Supplied material.
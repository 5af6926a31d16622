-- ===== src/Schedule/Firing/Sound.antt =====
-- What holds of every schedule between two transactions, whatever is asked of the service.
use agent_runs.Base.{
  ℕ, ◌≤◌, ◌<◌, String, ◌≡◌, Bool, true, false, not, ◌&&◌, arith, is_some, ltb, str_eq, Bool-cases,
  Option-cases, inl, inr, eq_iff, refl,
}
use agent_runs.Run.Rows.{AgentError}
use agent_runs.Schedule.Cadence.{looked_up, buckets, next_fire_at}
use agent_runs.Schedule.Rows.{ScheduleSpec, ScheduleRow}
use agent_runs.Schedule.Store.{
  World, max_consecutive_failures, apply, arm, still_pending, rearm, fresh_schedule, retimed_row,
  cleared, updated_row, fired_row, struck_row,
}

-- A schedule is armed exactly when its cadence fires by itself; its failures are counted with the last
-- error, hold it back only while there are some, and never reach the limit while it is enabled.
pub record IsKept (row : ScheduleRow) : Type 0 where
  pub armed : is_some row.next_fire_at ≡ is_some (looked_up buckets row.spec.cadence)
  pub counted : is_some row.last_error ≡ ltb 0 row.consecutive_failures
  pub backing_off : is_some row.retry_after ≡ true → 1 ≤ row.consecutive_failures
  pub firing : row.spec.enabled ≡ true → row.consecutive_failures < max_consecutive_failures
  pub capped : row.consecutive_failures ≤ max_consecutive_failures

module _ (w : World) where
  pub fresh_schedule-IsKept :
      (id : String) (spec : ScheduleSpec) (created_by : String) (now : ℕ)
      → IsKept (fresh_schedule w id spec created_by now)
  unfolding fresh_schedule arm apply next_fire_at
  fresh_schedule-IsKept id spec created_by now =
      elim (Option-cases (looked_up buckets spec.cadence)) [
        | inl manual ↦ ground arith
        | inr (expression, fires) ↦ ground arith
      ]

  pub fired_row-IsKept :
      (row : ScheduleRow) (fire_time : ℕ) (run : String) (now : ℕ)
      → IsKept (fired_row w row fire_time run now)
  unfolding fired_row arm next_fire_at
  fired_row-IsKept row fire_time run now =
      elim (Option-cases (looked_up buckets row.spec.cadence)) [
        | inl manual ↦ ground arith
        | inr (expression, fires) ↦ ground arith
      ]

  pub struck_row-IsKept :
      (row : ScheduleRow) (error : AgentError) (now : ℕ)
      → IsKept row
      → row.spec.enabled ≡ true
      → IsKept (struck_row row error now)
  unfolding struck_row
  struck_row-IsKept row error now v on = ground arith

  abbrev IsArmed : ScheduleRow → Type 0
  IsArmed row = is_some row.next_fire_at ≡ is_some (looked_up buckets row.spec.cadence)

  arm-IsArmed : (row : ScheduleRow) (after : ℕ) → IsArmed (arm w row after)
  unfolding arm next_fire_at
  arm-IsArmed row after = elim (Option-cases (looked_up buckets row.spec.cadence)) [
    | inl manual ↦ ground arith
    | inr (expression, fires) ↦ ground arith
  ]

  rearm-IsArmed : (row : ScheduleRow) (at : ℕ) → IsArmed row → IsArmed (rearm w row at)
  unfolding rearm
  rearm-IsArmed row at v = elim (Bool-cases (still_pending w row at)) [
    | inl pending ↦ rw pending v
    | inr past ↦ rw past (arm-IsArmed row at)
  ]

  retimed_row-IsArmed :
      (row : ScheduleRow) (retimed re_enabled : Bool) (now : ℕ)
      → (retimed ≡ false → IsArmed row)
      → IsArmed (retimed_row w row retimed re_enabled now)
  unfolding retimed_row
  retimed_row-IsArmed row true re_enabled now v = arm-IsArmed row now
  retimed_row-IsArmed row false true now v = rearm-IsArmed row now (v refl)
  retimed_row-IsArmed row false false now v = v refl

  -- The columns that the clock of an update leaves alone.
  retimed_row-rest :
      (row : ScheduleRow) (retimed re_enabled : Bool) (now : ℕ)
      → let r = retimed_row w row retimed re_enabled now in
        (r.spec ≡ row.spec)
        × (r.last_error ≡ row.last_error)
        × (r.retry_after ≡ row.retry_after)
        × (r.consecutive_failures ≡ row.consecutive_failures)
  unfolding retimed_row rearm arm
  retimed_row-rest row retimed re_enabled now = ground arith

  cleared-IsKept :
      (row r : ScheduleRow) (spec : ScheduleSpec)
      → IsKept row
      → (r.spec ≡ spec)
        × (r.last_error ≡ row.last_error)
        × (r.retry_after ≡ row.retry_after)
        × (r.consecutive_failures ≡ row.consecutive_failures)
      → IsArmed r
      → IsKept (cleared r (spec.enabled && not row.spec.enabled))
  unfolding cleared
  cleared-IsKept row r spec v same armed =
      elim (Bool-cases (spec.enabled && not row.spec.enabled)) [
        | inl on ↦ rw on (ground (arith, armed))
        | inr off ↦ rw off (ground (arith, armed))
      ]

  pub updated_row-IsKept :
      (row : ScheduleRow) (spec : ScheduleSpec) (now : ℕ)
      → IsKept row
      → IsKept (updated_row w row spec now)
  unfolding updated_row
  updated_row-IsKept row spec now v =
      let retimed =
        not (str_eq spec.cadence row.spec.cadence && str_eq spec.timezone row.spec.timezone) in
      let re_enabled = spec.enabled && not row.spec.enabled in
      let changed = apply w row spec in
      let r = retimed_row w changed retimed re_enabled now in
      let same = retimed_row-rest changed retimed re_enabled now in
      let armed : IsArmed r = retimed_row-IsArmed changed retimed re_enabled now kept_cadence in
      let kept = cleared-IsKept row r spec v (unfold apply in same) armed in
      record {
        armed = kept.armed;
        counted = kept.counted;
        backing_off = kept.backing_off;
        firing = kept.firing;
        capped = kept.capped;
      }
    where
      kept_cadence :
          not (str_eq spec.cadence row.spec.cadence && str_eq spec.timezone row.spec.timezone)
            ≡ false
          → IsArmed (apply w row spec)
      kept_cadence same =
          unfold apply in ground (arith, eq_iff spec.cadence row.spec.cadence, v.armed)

What you should do. Every line in the data above that contains "Rows" needs to be copied.

Answer to this problem.
use agent_runs.Run.Rows.{AgentError}
use agent_runs.Schedule.Rows.{ScheduleSpec, ScheduleRow}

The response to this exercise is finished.